Terwijl ik mijn eerste maand als startend ondernemer afsluit, realiseer ik me hoe waardevol het is om je omringd te weten door goede mensen. Alle kansen die ik momenteel op mijn pad vind, komen rechtstreeks uit mijn netwerk. Ik vermoed dat mijn opvoeding daar een stimulerende werking op heeft gehad: netwerken zit in het Indische DNA ingebakken, ver voordat het woord netwerken uitgevonden was.

Kumpulan of 'netwerkbijeenkomst'? Foto: archief Kirsten Vos (2010)

Zoals veel Indische oma’s, was ook mijn oma een wandelende encyclopedie.
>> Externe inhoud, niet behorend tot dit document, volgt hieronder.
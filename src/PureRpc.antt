-- ===== src/PureRpc.antt =====
-- Remote objects, src/PerfectWSAdvanced/transform/utils.
pub mod Registry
Bij wijze van spreken dan, want ze had een ernstige spierziekte en kon dus niet meer zo goed lopen (‘Ik ben slecht ter been, ik ben niet gehandicapt.’) Oma kende zo ongeveer de halve wereld, in mijn optiek, inclusief schoolopleiding, ouders, kinderen en kleinkinderen en persoonlijke anekdotes. Die anekdotes waren het belangrijkst: doordat zij verhaaltjes over mensen vertelde, kon ik me ze herinneren.

‘Ach ja (met handgebaar en pretoogjes), Zusje Schwarts, we gingen samen naar de SU in Batavia, suffe uilen noemden we die school, de Santa Ursula. Haar moeder lette er altijd op dat we geen villa inkijk hadden (op dat moment wees mijn oma dan met haar duim naar haar decolleté). Ze hoefde maar te kijken en dan wisten we al genoeg. ’
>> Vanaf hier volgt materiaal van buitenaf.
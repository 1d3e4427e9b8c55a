-- ===== src/PureRpc/Registry.antt =====
-- `PureRPCRegistry` of src/PerfectWSAdvanced/transform/utils/PureRPCRegistry.ts. An object is known
-- by a number. What objects hold is a parameter: their prototypes, whether a property is their
-- own, and what reading one gives.
pub mod Handles
pub mod Resolution
mod Tests
use perfect_ws.Base.{
  ℕ, suc, zero, ◌+◌, String, Bool, true, false, not, ◌&&◌, ◌||◌, Option, none, some, List, [], ◌∷◌,
  leb, if◌then◌else◌, ◌==◌, string_eq, nat_eq, any,
}
use perfect_ws.JsMap.{JsMap, get, set, delete, size}
use perfect_ws.PropertyPath.{Key, is_forbidden_property_key}

pub record Registry : Type 0 where
  pub by_id : JsMap String ℕ
  pub id_by_object : JsMap ℕ String

-- `register` with the id that `randomUUID` gives: the id, or an error where the table is full, and
-- the registry.
pub register : (max_handles : ℕ) → (new_id : String) → ℕ → Registry → Option String × Registry
register max_handles new_id obj g =
    let enter = if leb max_handles (size g.by_id) then (none, g) else (
      some new_id,
      record { by_id = set g.by_id new_id obj; id_by_object = set g.id_by_object obj new_id },
    ) in
    elim (get g.id_by_object obj) [
      | none ↦ enter
      | some id ↦ if id == "" then enter else (some id, g)
    ]

pub release : String → Registry → Registry
release id g = elim (get g.by_id id) [
  | none ↦ g
  | some obj ↦ record { by_id = delete g.by_id id; id_by_object = delete g.id_by_object obj }
]

pub release_all : Registry → Registry
release_all g = record { by_id = []; id_by_object = [] }

pub data Op : Type 0 where
  registers : ℕ → Op
  releases : String → Op
  releases_all : Op

-- The registry after these operations; `ids` gives the ids of `randomUUID`, from the `k`th on.
pub run : (max_handles : ℕ) → (ids : ℕ → String) → ℕ → List Op → Registry → Registry
run n ids k [] g = g
run n ids k (registers obj ∷ ops) g = run n ids (k + 1) ops (register n (ids k) obj g).1
run n ids k (releases id ∷ ops) g = run n ids k ops (release id g)
run n ids k (releases_all ∷ ops) g = run n ids k ops (release_all g)

pub data Value : Type 0 where
  object : ℕ → Value
  primitive : Value

pub record Objects : Type 0 where
  pub has_own : ℕ → Key → Bool
  pub prototype_of : ℕ → Option ℕ
  pub read : ℕ → Key → Value
  -- `Object.prototype` and `Function.prototype`
  pub object_prototype : ℕ
  pub function_prototype : ℕ

module _ (o : Objects) where
  pub is_builtin : ℕ → Bool
  is_builtin p = p == o.object_prototype || p == o.function_prototype

  -- The loop of `ownerOf`, from a prototype on; `none` also where the fuel is out.
  pub owner_from : (fuel : ℕ) → (visited : List ℕ) → Key → Option ℕ → Option ℕ
  owner_from zero visited key proto = none
  owner_from (suc fuel) visited key none = none
  owner_from (suc fuel) visited key (some p) =
      let further = owner_from fuel (p ∷ visited) key (o.prototype_of p) in
      if is_builtin p || any (λ v. v == p) visited
      then none
      else if o.has_own p key
      then some p
      else further

  pub owner_of : (fuel : ℕ) → ℕ → Key → Option ℕ
  owner_of fuel target key =
      if o.has_own target key then some target else owner_from fuel [] key (o.prototype_of target)

  -- The loop of `resolve`: the receiver and the value after it.
  pub follow : (fuel : ℕ) → List Key → (receiver value : Value) → Option (Value × Value)
  follow fuel [] receiver value = some (receiver, value)
  follow fuel (key ∷ path) receiver primitive = none
  follow fuel (key ∷ path) receiver (object target) =
      let next = follow fuel path (object target) (o.read target key) in
      if is_forbidden_property_key key
      then none
      else elim (owner_of fuel target key) [ none ↦ none | some owner ↦ next ]

  pub resolve : (fuel : ℕ) → String → List Key → Registry → Option (Value × Value)
  unfolding follow
  resolve fuel id [] g = none
  resolve fuel id (key ∷ path) g = elim (get g.by_id id) [
    | none ↦ none
    | some root ↦ follow fuel (key ∷ path) (object root) (object root)
  ]

  -- The value of a resolution, if it is an object.
  pub container : Option (Value × Value) → Option ℕ
  container none = none
  container (some (receiver, object target)) = some target
  container (some (receiver, primitive)) = none

  pub resolve_container : (fuel : ℕ) → String → List Key → Registry → Option ℕ
  unfolding container
  resolve_container fuel id [] g = get g.by_id id
  resolve_container fuel id (key ∷ path) g = container (resolve fuel id (key ∷ path) g)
Eigenlijk leerde ik zo mensen kennen voordat ik ze ontmoette, wat een eerste IRL ontmoeting extra makkelijk maakte, of ik nou een goed of fout fragment van een anekdote aanhaalde (‘Uw moeder was toch van de villa inkijk?’). Mensen vonden het namelijk leuk dat iemand over ze verteld had, merkte ik. Terugkijkend realiseer ik me dat dat ze het gevoel gaf ‘ertoe te doen’.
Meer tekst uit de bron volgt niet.